Ich weis nicht, wie ich das mit java-script machen kann...


weis es zufällig jemand von euch 
würde mich super über eure Hilfe freuen...


Grüße
Dennis


----------



## con-f-use (26. April 2005)

Prinzipiell geht's rein mit JavaScript gar nicht. JavaScript ist eine client-seitige Sprache und kann daher tenchnisch und aus Sicherheitsgründen nicht auf Serverdaten ( einschließlich Datenbanken, Dateien und/oder Verzeichnissen ) zugreifen. Es gibt aber eine Möglichkeit: Man kombiniert eine serverseitige Sprache (z.B. PHP) mit JavaScript.

    Mehr dazu im Thread: http://www.tutorials.de/tutorials202137-1.html

    Ich glaube dieses Posting des Threads erklärt es ganz gut: http://www.tutorials.de/forum/showpost.php?p=1046402&postcount=15


----------



## Sealtuagn (26. April 2005)

Würdest du sie mir verraten ?
Fnd ich super nett von dir !

Grüße
Dennis


----------



## con-f-use (26. April 2005)

Immer mit der Ruhe ich hab ein wenig Zeit gebraucht um die richtigen URLs rauszusuchen.

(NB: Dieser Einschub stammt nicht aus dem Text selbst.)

-- ===== src/EasyFs/Layout/Increase/Rounds.antt =====
-- The loops of `increase_size`, each as a run of assignments to the slots that follow one another.
use r_core_tutorial_v3_arm.Base.{
  ℕ, zero, suc, ◌+◌, ◌-◌, ◌*◌, ◌≤◌, ◌<◌, ◌≡◌, refl, sym, ap, ◌∙◌, inl, inr, Bool, true, false, ◌&&◌,
  ◌||◌, arith, ltb, ◌==◌, if◌then◌else◌, Bool-cases, Run, done, panic, ◌>>=◌,
}
use r_core_tutorial_v3_arm.EasyFs.Layout.Increase.{
  Growth, put_direct, put_entry, put_leaf, fill_direct, fill_indirect1, put_pair, fill_indirect2,
}
use r_core_tutorial_v3_arm.EasyFs.Layout.Increase.Slots.{
  direct_slot, entry_slot, row_slot, leaf_slot, slot, slot-number,
}
use r_core_tutorial_v3_arm.EasyFs.Layout.Increase.Append.{put}

-- The assignments to the `n` slots from `p` on.
abbrev pub appends : ℕ → ℕ → Growth → Run Growth
appends zero p g = done g
appends (suc n) p g = put (slot p) g >>= appends n (suc p)

bind_assoc : (m : Run Growth) (f h : Growth → Run Growth) → (m >>= f) >>= h ≡ m >>= (λ g. f g >>= h)
bind_assoc (done g) f h = refl
bind_assoc panic f h = refl

bind_ext :
    (m : Run Growth) (f h : Growth → Run Growth) → ((g : Growth) → f g ≡ h g) → m >>= f ≡ m >>= h
bind_ext (done g) f h e = e g
bind_ext panic f h e = refl

bind_done : (m : Run Growth) → m >>= done ≡ m
bind_done (done g) = refl
bind_done panic = refl

appends_add :
    (m n t p q : ℕ) (g : Growth)
    → t ≡ m + n
    → q ≡ p + m
    → appends t p g ≡ appends m p g >>= appends n q
appends_add zero n t p q g e f = ap (λ k. appends k p g) same ∙ ap (λ k. appends n k g) (sym start)
  where
    same : t ≡ n
    same = omega (arith, e)

    start : q ≡ p
    start = omega (arith, f)
appends_add (suc m) n zero p q g e f = absurd (omega (arith, e))
appends_add (suc m) n (suc t) p q g e f =
    bind_ext (put (slot p) g) (appends t (suc p)) (λ g'. appends m (suc p) g' >>= appends n q)
      (λ g'. appends_add m n t (suc p) q g' (omega (arith, e)) (omega (arith, f)))
    ∙ sym (bind_assoc (put (slot p) g) (appends m (suc p)) (appends n q))

-- A run of assignments and then another one.
pub then_rounds :
    (m : Run Growth) (f : Growth → Run Growth) (k n t p : ℕ) (g : Growth)
    → m ≡ appends k p g
    → ((g' : Growth) → f g' ≡ appends n (p + k) g')
    → t ≡ k + n
    → m >>= f ≡ appends t p g
then_rounds m f k n t p g e h l =
    ap (λ m. m >>= f) e
    ∙ bind_ext (appends k p g) f (appends n (p + k)) h
    ∙ sym (appends_add k n t p (p + k) g l refl)

pub direct_rounds : (n c : ℕ) (g : Growth) → c + n ≤ 28 → fill_direct n c g ≡ appends n c g
direct_rounds zero c g h = refl
direct_rounds (suc n) c g h =
    bind_ext (put_direct c g) (fill_direct n (suc c)) (appends n (suc c))
      (λ g'. direct_rounds n (suc c) g' (omega (arith, h)))
    ∙ ap (λ s. put s g >>= appends n (suc c)) (sym (slot-number (direct_slot c) (omega (arith, h))))

pub entry_rounds :
    (n c p : ℕ) (g : Growth) → c + n ≤ 128 → p ≡ 29 + c → fill_indirect1 n c g ≡ appends n p g
entry_rounds zero c p g h e = refl
entry_rounds (suc n) c p g h e =
    bind_ext (put_entry g.inode.indirect1 c g) (fill_indirect1 n (suc c)) (appends n (suc p))
      (λ g'. entry_rounds n (suc c) (suc p) g' (omega (arith, h)) (omega (arith, e)))
    ∙ ap (λ s. put s g >>= appends n (suc p))
        (sym (ap slot e ∙ slot-number (entry_slot c) (omega (arith, h))))

-- The slot of the entry `b` of the block `a`, or of that block itself when it has no entry yet.
abbrev pub position : ℕ → ℕ → ℕ
position a b = 158 + 129 * a + (if b == 0 then 0 else suc b)

abbrev pair_size : ℕ → ℕ
pair_size b = if b == 0 then 2 else 1

row_at : (a p : ℕ) → a < 128 → p ≡ 158 + 129 * a → slot p ≡ row_slot a
row_at a p h e = ap slot e ∙ slot-number (row_slot a) h

leaf_at : (a b p : ℕ) → a < 128 → b < 128 → p ≡ 159 + 129 * a + b → slot p ≡ leaf_slot a b
leaf_at a b p ha hb e = ap slot e ∙ slot-number (leaf_slot a b) (ha, hb)

suc_ne : (b : ℕ) → (suc b == 0) ≡ false
suc_ne b = ground arith

pair_round :
    (a b p : ℕ) (g : Growth)
    → a < 128
    → b < 128
    → p ≡ position a b
    → put_pair a b g ≡ appends (pair_size b) p g
pair_round a zero p g ha hb e =
    bind_ext (put_entry g.inode.indirect2 a g) (put_leaf a 0)
      (λ g'. put (leaf_slot a 0) g' >>= done) (λ g'. sym (bind_done (put_leaf a 0 g')))
    ∙ ap (λ s. put s g >>= (λ g'. put_leaf a 0 g' >>= done))
        (sym (row_at a p ha (omega (arith, e))))
    ∙ ap (λ t. put (slot p) g >>= (λ g'. put t g' >>= done))
        (sym (leaf_at a 0 (suc p) ha hb (omega (arith, e))))
pair_round a (suc b) p g ha hb e =
    let leaf = leaf_at a (suc b) p ha hb (ground (arith, e)) in
    rw (suc_ne b) (sym (bind_done (put_leaf a (suc b) g)) ∙ ap (λ s. put s g >>= done) (sym leaf))

-- The loop goes on, as the source tests it.
abbrev goes_on : ℕ → ℕ → ℕ → ℕ → Bool
goes_on a b a1 b1 = ltb a a1 || (a == a1 && ltb b b1)

abbrev next_row : ℕ → ℕ → ℕ
next_row a b = if suc b == 128 then suc a else a

abbrev next_column : ℕ → ℕ
next_column b = if suc b == 128 then 0 else suc b

-- A round at `a` and `b` of a loop up to `a1` and `b1`: `n` slots from `p` on are left.
pub record Round (a b a1 b1 n p : ℕ) : Type 0 where
  pub in_row : b < 128
  pub last_in_row : b1 < 128
  pub ahead : 128 * a + b ≤ 128 * a1 + b1
  pub fits : 128 * a1 + b1 ≤ 16384
  pub starts : p ≡ position a b
  pub ends : p + n ≡ position a1 b1

goes_on_row :
    (a b a1 b1 n p : ℕ)
    → Round a b a1 b1 n p
    → goes_on a b a1 b1 ≡ true
    → (a < 128) × (128 * a + b < 128 * a1 + b1)
goes_on_row a b a1 b1 n p r t = (
  ground (arith, r.in_row, r.last_in_row, r.ahead, r.fits, t),
  ground (arith, r.in_row, r.last_in_row, r.ahead, r.fits, t),
)

stops_at : (a b a1 b1 n p : ℕ) → Round a b a1 b1 n p → goes_on a b a1 b1 ≡ false → n ≡ 0
stops_at a b a1 b1 n p r f = ground (arith, r.in_row, r.last_in_row, r.ahead, r.starts, r.ends, f)

pair_fits :
    (a b a1 b1 n p : ℕ) → Round a b a1 b1 n p → 128 * a + b < 128 * a1 + b1 → pair_size b ≤ n
pair_fits a b a1 b1 n p r h = ground (arith, r.in_row, r.last_in_row, r.starts, r.ends, h)

next-Round :
    (a b a1 b1 n p : ℕ)
    → Round a b a1 b1 n p
    → 128 * a + b < 128 * a1 + b1
    → Round (next_row a b) (next_column b) a1 b1 (n - pair_size b) (p + pair_size b)
      × (pair_size b ≤ n)
next-Round a b a1 b1 n p r h = (
  record {
    in_row = ground (arith, r.in_row);
    last_in_row = r.last_in_row;
    ahead = ground (arith, h);
    fits = r.fits;
    starts = ground (arith, r.in_row, r.starts);
    ends = omega (arith, r.ends, pair_fits a b a1 b1 n p r h);
  },
  pair_fits a b a1 b1 n p r h,
)

pub pair_rounds :
    (fuel a b a1 b1 n p : ℕ) (g : Growth)
    → Round a b a1 b1 n p
    → 128 * a1 + b1 ≤ fuel + (128 * a + b)
    → fill_indirect2 fuel a b a1 b1 g ≡ appends n p g
pair_rounds zero a b a1 b1 n p g r e = elim (Bool-cases (goes_on a b a1 b1)) [
  | inr f ↦ rw (f, stops_at a b a1 b1 n p r f) refl
  | inl t ↦ absurd (omega (arith, e, (goes_on_row a b a1 b1 n p r t).1))
]
pair_rounds (suc fuel) a b a1 b1 n p g r e = elim (Bool-cases (goes_on a b a1 b1)) [
  | inr f ↦ rw (f, stops_at a b a1 b1 n p r f) refl
  | inl t ↦
      let (in_table, less) = goes_on_row a b a1 b1 n p r t in
      let (next, enough) = next-Round a b a1 b1 n p r less in
      rw t (
        then_rounds (put_pair a b g) (fill_indirect2 fuel (next_row a b) (next_column b) a1 b1)
          (pair_size b) (n - pair_size b) n p g (pair_round a b p g in_table r.in_row r.starts)
          (λ g'.
            pair_rounds fuel (next_row a b) (next_column b) a1 b1 (n - pair_size b)
              (p + pair_size b) g' next (ground (arith, e, r.in_row)))
          (omega (arith, enough)))
]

 PHP liest bei der Methode die Datenbank aus und gibt den Inhalt als JS-Code aus und JavaScript liest dann das PHP-JS-Script aus.

 Warum machst du eigentlich die If-Abfrage nicht gleich in PHP? Beim Laden der Seite steht doch sicher schon fest, ob der User die Rechte hat oder nicht.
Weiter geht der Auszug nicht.